Exercise instructions =
Look through the listing for the string "takes" and copy out every line that holds it.
·····
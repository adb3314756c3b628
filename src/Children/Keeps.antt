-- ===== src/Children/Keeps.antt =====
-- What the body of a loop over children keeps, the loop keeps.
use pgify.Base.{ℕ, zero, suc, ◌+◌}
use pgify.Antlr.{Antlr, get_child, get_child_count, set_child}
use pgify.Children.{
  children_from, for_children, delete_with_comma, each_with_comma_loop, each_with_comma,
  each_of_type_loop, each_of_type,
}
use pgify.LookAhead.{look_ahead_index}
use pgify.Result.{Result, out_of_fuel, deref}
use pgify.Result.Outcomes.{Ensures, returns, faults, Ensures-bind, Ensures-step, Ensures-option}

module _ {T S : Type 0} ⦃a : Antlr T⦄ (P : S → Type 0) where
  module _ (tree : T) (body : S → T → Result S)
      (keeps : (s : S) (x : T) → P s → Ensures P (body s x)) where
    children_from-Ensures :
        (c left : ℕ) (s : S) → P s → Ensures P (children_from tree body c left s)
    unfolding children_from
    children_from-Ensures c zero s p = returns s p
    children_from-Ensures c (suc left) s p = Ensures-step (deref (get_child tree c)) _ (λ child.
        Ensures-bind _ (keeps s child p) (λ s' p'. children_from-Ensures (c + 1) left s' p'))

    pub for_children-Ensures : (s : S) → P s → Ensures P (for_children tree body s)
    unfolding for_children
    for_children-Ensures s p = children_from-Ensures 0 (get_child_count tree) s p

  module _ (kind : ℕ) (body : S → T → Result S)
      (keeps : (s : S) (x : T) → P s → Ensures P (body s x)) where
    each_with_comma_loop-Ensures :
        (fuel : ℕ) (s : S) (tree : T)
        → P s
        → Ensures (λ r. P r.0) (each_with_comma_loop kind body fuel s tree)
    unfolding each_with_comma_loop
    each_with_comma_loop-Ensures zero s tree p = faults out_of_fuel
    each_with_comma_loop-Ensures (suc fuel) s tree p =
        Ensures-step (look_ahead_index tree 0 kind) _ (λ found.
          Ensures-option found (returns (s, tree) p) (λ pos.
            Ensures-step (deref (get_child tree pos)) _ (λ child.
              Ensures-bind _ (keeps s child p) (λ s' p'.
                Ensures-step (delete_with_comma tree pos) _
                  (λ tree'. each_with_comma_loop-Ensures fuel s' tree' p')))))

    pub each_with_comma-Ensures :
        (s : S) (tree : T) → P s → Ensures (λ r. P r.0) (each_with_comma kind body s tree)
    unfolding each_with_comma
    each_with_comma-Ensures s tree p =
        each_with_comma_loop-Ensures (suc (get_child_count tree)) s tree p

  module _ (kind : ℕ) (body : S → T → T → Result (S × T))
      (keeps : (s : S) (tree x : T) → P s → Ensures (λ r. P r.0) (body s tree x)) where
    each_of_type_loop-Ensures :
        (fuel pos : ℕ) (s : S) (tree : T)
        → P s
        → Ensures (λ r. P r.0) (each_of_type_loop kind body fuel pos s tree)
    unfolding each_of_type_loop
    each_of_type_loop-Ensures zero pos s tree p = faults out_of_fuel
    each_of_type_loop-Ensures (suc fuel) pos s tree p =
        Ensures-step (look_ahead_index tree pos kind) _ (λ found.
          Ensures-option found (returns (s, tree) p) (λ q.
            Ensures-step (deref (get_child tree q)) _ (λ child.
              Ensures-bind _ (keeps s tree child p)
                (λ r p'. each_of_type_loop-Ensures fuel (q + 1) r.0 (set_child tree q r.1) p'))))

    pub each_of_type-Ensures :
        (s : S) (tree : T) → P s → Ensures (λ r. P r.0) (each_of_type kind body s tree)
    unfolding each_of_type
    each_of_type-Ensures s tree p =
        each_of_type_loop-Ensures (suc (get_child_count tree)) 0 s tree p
·····
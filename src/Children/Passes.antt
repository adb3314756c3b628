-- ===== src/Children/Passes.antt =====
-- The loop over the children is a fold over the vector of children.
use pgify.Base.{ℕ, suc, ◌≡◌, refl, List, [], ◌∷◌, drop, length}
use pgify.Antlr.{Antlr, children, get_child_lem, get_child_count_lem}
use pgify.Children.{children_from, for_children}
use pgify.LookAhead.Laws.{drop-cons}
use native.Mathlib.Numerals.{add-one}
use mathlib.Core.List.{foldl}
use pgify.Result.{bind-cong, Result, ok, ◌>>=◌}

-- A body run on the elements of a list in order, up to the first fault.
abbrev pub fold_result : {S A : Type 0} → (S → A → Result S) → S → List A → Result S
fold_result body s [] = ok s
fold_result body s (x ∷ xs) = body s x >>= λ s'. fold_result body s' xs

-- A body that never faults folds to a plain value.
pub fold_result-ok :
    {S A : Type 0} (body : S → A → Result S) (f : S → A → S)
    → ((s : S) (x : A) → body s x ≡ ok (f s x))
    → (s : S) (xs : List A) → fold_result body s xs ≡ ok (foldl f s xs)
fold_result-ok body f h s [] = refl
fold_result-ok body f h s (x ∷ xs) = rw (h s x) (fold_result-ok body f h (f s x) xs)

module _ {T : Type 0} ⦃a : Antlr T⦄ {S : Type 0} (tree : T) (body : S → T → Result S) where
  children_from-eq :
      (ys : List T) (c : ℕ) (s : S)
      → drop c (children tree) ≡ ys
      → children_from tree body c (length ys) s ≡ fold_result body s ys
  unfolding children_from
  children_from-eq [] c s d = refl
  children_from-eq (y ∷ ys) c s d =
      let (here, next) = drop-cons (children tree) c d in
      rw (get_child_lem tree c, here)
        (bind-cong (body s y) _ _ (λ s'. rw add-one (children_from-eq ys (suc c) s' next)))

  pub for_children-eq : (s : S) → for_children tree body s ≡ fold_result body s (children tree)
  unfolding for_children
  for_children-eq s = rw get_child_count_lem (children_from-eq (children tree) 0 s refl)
·····
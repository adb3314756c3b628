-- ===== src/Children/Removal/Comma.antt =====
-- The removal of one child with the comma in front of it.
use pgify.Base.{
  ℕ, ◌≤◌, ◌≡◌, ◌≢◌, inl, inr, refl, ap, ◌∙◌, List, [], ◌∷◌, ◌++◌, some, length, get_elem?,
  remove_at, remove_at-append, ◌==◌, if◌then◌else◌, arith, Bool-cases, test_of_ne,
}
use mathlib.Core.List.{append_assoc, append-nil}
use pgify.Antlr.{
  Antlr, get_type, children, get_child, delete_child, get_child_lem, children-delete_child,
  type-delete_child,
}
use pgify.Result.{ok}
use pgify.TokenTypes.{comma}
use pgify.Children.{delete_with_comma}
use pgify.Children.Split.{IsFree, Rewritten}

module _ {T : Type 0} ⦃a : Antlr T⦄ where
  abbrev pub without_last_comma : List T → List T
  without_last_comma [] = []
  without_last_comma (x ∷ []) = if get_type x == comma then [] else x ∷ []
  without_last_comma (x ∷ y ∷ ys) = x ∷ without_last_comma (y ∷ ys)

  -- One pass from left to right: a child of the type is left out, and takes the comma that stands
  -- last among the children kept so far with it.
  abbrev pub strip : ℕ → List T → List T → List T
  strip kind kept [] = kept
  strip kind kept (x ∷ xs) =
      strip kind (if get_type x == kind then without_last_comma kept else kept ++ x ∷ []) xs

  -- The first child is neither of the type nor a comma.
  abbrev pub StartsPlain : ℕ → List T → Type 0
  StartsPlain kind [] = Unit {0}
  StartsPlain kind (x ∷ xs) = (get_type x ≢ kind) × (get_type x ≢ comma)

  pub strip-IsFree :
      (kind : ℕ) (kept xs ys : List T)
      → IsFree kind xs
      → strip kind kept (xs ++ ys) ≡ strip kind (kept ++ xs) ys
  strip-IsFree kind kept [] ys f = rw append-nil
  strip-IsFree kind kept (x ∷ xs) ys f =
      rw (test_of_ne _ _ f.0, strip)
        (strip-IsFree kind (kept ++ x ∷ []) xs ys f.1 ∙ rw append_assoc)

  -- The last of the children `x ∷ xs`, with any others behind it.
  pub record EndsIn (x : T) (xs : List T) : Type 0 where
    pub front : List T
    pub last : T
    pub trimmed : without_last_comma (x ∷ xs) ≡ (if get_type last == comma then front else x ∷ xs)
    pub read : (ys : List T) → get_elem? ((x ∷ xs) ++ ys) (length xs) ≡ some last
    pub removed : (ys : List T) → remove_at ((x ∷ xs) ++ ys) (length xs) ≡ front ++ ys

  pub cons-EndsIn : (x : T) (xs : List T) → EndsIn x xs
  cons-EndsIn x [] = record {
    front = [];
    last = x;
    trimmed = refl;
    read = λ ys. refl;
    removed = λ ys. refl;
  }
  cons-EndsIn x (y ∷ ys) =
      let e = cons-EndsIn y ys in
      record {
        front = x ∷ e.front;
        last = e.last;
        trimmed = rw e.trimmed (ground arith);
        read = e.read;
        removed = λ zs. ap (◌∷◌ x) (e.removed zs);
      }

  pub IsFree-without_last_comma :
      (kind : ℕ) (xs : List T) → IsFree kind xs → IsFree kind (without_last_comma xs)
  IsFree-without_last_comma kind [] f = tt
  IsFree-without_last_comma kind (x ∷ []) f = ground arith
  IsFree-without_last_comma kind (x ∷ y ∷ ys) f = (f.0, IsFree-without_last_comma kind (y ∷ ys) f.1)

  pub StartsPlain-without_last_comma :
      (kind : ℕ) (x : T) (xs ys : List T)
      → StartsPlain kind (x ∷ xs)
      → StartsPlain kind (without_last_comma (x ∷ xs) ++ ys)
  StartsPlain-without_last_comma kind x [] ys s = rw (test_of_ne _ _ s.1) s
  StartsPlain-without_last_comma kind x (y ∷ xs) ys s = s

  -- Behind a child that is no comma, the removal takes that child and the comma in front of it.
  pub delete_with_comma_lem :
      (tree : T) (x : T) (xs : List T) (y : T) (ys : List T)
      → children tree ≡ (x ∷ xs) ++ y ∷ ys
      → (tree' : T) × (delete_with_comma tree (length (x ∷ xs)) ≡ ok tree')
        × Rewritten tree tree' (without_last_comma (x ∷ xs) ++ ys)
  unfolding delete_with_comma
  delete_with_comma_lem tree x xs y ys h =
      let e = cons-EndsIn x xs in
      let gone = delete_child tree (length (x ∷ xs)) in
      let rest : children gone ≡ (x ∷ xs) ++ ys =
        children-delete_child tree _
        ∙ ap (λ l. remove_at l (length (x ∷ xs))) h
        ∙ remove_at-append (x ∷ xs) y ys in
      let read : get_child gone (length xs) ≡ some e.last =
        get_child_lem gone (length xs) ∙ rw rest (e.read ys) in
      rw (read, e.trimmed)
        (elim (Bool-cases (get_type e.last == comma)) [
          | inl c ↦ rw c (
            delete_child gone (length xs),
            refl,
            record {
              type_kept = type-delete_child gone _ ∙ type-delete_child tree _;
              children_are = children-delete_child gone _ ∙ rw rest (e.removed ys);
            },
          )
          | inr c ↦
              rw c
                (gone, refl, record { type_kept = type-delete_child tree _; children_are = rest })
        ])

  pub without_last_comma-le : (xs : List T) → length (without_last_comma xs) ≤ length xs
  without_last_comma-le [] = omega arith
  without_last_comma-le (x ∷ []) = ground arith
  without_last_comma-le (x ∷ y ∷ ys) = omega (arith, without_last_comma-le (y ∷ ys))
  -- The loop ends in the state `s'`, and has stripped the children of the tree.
·····
Result of this exercise =
  -- One pass from left to right: a child of the type is left out, and takes the comma that stands
  -- Behind a child that is no comma, the removal takes that child and the comma in front of it.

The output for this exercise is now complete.